Racial prejudice is an exception falling clearly within Rule 606(b), supra. And the hour is upon the State of South Dakota to be a beacon to estop such encroachment upon fair trials.7 For surely, under our Federal Constitution, the State of South Dakota has the power and duty to administer its own system of criminal justice. But, just as surely, each state must conform to the Due Process Clause of the Fourteenth Amendment. Appellant was not afforded due process. Abhorrent to a free society was the menacing and unreflective process by which the jury verdict was determined, announced, recorded, and upheld by the trial court. The lantern of impartiality was extinguished.
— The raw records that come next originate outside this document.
-- ===== src/Memory/Heap/Free.antt =====
-- `free`, kernel/src/memory/heap.cpp: the block is in use no more, and no other is concerned.
use lensor_os.Prelude.{
  ℕ, ◌+◌, ◌≡◌, ◌∙◌, refl, sym, ap, ap₂, subst, ◌≤◌, ◌<◌, true, false, List, [], ◌∷◌, ◌++◌, arith,
  Bool-cases, inl, inr, append_assoc, ◌⊎◌,
}
use lensor_os.Prelude.Words.{u64_mod, sub64}
use lensor_os.Memory.Heap.{
  Heap, heap_virtual_base, header_size, looks_like_heap, mark, free, combine_forward,
  combine_backward,
}
use lensor_os.Memory.Heap.Chain.{Segment, after, past, past-append, past-le}
use lensor_os.Memory.Heap.Sound.{Sound, place, room}
use lensor_os.Memory.Heap.Combine.{
  absorb_next, absorb_into, combine_forward-Sound, combine_backward-Sound, combine_backward_first,
  merged,
}
use lensor_os.Memory.Heap.Split.{mark-Sound}
use lensor_os.Memory.Heap.Live.{
  Blocks, Added, live, live-append, live-absorb_next, live-absorb_into,
}

last_cases :
    (xs : List Segment) → (xs ≡ []) ⊎ (ws : List Segment) × (p : Segment) × (xs ≡ ws ++ (p ∷ []))
last_cases [] = inl refl
last_cases (x ∷ xs) = elim (last_cases xs) [
  | inl e ↦ inr ([], x, ap (λ (l : List Segment). x ∷ l) e)
  | inr (ws, p, e) ↦ inr (x ∷ ws, p, ap (λ (l : List Segment). x ∷ l) e)
]

-- A segment with those after it is still a segment and others after it.
absorb_next_cons :
    (s : Segment) (ys : List Segment)
    → (t : Segment) × (zs : List Segment) × (absorb_next s ys ≡ t ∷ zs)
absorb_next_cons s [] = (s, [], refl)
absorb_next_cons s (y ∷ ys) = elim (Bool-cases y.free) [
  | inl f ↦ (merged s y, ys, ground arith)
  | inr f ↦ (s, y ∷ ys, ground arith)
]

-- `combine_backward` at an address leaves a sound heap with the blocks given.
abbrev Backed : Heap → ℕ → Blocks → Type 0
Backed h a blocks =
    (segs : List Segment) × Sound (combine_backward a h) segs
    × (live heap_virtual_base segs ≡ blocks)

Backed-first :
    (h : Heap) (t : Segment) (zs : List Segment)
    → Sound h (t ∷ zs)
    → Backed h heap_virtual_base (live heap_virtual_base (t ∷ zs))
Backed-first h t zs v = (
  t ∷ zs,
  subst (λ (h' : Heap). Sound h' (t ∷ zs)) (sym (combine_backward_first h t zs v)) v,
  refl,
)

Backed-after :
    (h : Heap) (ws : List Segment) (p t : Segment) (zs : List Segment)
    → Sound h (ws ++ (p ∷ t ∷ zs))
    → Backed h (after (place ws) p) (live heap_virtual_base (ws ++ (p ∷ t ∷ zs)))
Backed-after h ws p t zs v = (
  ws ++ absorb_into p t zs,
  combine_backward-Sound h ws p t zs v,
  live-append heap_virtual_base ws (absorb_into p t zs)
      ∙ ap (λ (l : Blocks). live heap_virtual_base ws ++ l) (live-absorb_into (place ws) p t zs)
      ∙ sym (live-append heap_virtual_base ws (p ∷ t ∷ zs)),
)

Backed-snoc :
    (h : Heap) (ws : List Segment) (p t : Segment) (zs : List Segment)
    → Sound h ((ws ++ (p ∷ [])) ++ (t ∷ zs))
    → Backed h (place (ws ++ (p ∷ []))) (live heap_virtual_base ((ws ++ (p ∷ [])) ++ (t ∷ zs)))
Backed-snoc h ws p t zs v =
    rw (append_assoc ws (p ∷ []) (t ∷ zs), past-append heap_virtual_base ws (p ∷ []))
      (Backed-after h ws p t zs (rw (append_assoc ws (p ∷ []) (t ∷ zs)) at v))

backed_lem :
    (h : Heap) (xs : List Segment) (t : Segment) (zs : List Segment)
    → Sound h (xs ++ (t ∷ zs))
    → Backed h (place xs) (live heap_virtual_base (xs ++ (t ∷ zs)))
backed_lem h xs t zs v =
    let Goal = λ (l : List Segment).
      Sound h (l ++ (t ∷ zs)) → Backed h (place l) (live heap_virtual_base (l ++ (t ∷ zs))) in
    elim (last_cases xs) [
      | inl e ↦ subst Goal (sym e) (Backed-first h t zs) v
      | inr (ws, p, e) ↦ subst Goal (sym e) (Backed-snoc h ws p t zs) v
    ]

free_step :
    (h : Heap) (a : ℕ)
    → heap_virtual_base ≤ a
    → a + header_size < u64_mod
    → free (a + header_size) h ≡ combine_backward a (combine_forward a (mark a true h))
unfolding free
free_step h a l u =
    let e : sub64 (a + header_size) header_size ≡ a = omega arith in
    let g : looks_like_heap (a + header_size) ≡ true = ground arith in rw (free, g, e) refl

-- The block of a segment that is freed is gone, and the others are as before.
pub free_lem :
    (h : Heap) (xs : List Segment) (s : Segment) (ys : List Segment)
    → Sound h (xs ++ (s ∷ ys))
    → (segs : List Segment) × Sound (free (place xs + header_size) h) segs
      × (live heap_virtual_base segs ≡ live heap_virtual_base xs ++ live (after (place xs) s) ys)
free_lem h xs s ys v =
    let freed = record s { free = true } in
    let v' = combine_forward-Sound _ xs freed ys (mark-Sound h xs s true ys v) in
    let (t, zs, e) = absorb_next_cons freed ys in
    let (segs, v'', e') = backed_lem _ xs t zs (rw e at v') in
    let step =
      free_step h (place xs) (past-le heap_virtual_base xs)
        (omega (arith, room h xs s ys v, v.small)) in
    (
      segs,
      subst (λ (h' : Heap). Sound h' segs) (sym step) v'',
      e'
          ∙ ap (λ (l : List Segment). live heap_virtual_base (xs ++ l)) (sym e)
          ∙ live-append heap_virtual_base xs (absorb_next freed ys)
          ∙ ap (λ (l : Blocks). live heap_virtual_base xs ++ l)
              (live-absorb_next (place xs) freed ys refl),
    )

-- Where the segment of a block in use stands among the segments.
record Placed (p n a : ℕ) (segs : List Segment) (before behind : Blocks) : Type 0 where
  xs : List Segment
  s : Segment
  ys : List Segment
  split : segs ≡ xs ++ (s ∷ ys)
  at : past a xs + header_size ≡ p
  before_it : live a xs ≡ before
  behind_it : live (after (past a xs) s) ys ≡ behind

Placed-free :
    (p n a : ℕ) (s : Segment) (rest : List Segment) (before behind : Blocks)
    → s.free ≡ true
    → Placed p n (after a s) rest before behind
    → Placed p n a (s ∷ rest) before behind
Placed-free p n a s rest before behind f w = record {
  xs = s ∷ w.xs;
  s = w.s;
  ys = w.ys;
  split = ap (λ (l : List Segment). s ∷ l) w.split;
  at = w.at;
  before_it = rw f w.before_it;
  behind_it = w.behind_it;
}

Placed-used :
    (p n a : ℕ) (s : Segment) (rest : List Segment) (before behind : Blocks)
    → s.free ≡ false
    → Placed p n (after a s) rest before behind
    → Placed p n a (s ∷ rest) ((a + header_size, s.length) ∷ before) behind
Placed-used p n a s rest before behind f w = record {
  xs = s ∷ w.xs;
  s = w.s;
  ys = w.ys;
  split = ap (λ (l : List Segment). s ∷ l) w.split;
  at = w.at;
  before_it = rw f (ap (λ (l : Blocks). (a + header_size, s.length) ∷ l) w.before_it);
  behind_it = w.behind_it;
}

Placed-head :
    (p n a : ℕ) (s : Segment) (rest : List Segment) (before behind : Blocks)
    → s.free ≡ false
    → ((before' : Blocks)
        → live (after a s) rest ≡ before' ++ ((p, n) ∷ behind)
        → Placed p n (after a s) rest before' behind)
    → (a + header_size, s.length) ∷ live (after a s) rest ≡ before ++ ((p, n) ∷ behind)
    → Placed p n a (s ∷ rest) before behind
Placed-head p n a s rest [] behind f later e = record {
  xs = [];
  s = s;
  ys = rest;
  split = refl;
  at = cc;
  before_it = refl;
  behind_it = cc;
}
Placed-head p n a s rest (b ∷ before) behind f later e =
    let tails : live (after a s) rest ≡ before ++ ((p, n) ∷ behind) = cc in
    let heads : (a + header_size, s.length) ≡ b = cc in
    subst (λ (c : ℕ × ℕ). Placed p n a (s ∷ rest) (c ∷ before) behind) heads
      (Placed-used p n a s rest before behind f (later before tails))

placed :
    (p n a : ℕ) (segs : List Segment) (before behind : Blocks)
    → live a segs ≡ before ++ ((p, n) ∷ behind)
    → Placed p n a segs before behind
placed p n a [] [] behind e = absurd cc
placed p n a [] (b ∷ before) behind e = absurd cc
placed p n a (s ∷ rest) before behind e = elim (Bool-cases s.free) [
  | inl f ↦
      Placed-free p n a s rest before behind f
        (placed p n (after a s) rest before behind (rw f at e))
  | inr f ↦
      Placed-head p n a s rest before behind f
        (λ before'. placed p n (after a s) rest before' behind) (rw f at e)
]

-- free of the address of a block in use in a sound heap leaves a sound heap in which that block is
-- in use no more and every other one is where it was, with the length it had.
pub free-Added :
    (p n : ℕ) (h : Heap) (segs : List Segment) (others : Blocks)
    → Sound h segs
    → Added p n others (live heap_virtual_base segs)
    → (segs' : List Segment) × Sound (free p h) segs' × (live heap_virtual_base segs' ≡ others)
free-Added p n h segs others v (before, behind, e, e') =
    let w = placed p n heap_virtual_base segs before behind e' in
    let (segs', v', k) = free_lem h w.xs w.s w.ys (rw (w.split) at v) in
    (
      segs',
      subst (λ (q : ℕ). Sound (free q h) segs') w.at v',
      k ∙ ap₂ (λ (l r : Blocks). l ++ r) w.before_it w.behind_it ∙ sym e,
    )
. Although tried at Hot Springs, county seat of Fall River County, all jurors were drawn from Shannon County, South Dakota, situs of the alleged crime. Shannon County is attached to Fall River County for judicial purposes. According to the United States Census Bureau, 1980 Census, Shannon County has 10,574 American Indians and 717 Caucasians of which this author takes judicial notice. Appellant was a member of a minority race and the foreperson was a minority of one on the jury.
. Jury Instruction # 15 provided: “The jury are the sole judges of the facts and must determine what the facts are from the evidence, and only from the evidence in the case, guided by the rules of law as given to you by the Court in these instructions.”
. On the morning after the trial, the foreperson called the judge expressing that extreme' racial prejudice had been expressed throughout the jury deliberations by the eleven Native Americans on the jury and that she had been psychologically and mentally browbeaten.
. Contrary to Federal Rule of Evidence 606(b), the juror was never permitted to testify. No evidence was taken whatsoever. Thus, appellant was precluded from establishing a record. How will you ever expose the racial prejudice of a jury unless the door is opened to hear it? A due process hearing has been stonewalled.
. Jury Instruction # 6 on reasonable doubt concluded: “You should not in the consideration of this case search for a doubt, but you should in such consideration, uninfluenced by bias, prejudice, passion or sympathy, at ail times seek the truth." (Emphasis supplied.)
.This is not a guarantee of inconsequence. The Sixth Amendment of the first ten amendments to the Constitution of the United States, commonly known as the Bill of Rights, was won by the blood of the patriots in the American Revolution. Without impartial jury trials, jury trials are a mockery — a farce. The majority viewpoint not only in South Dakota, but in the United States, looks at the impeachment of a jury verdict as a visionary looks at a raindrop and visualizes a flood.
. See also, State v. McComsey, 323 N.W.2d 889, 895 (S.D.1982) (Henderson, J., dissenting), wherein I closed by expressing: “The most critical stage of a trial is the deliberation of the jury. It is the American system of justice at work. I would not suffer it to be denigrated.”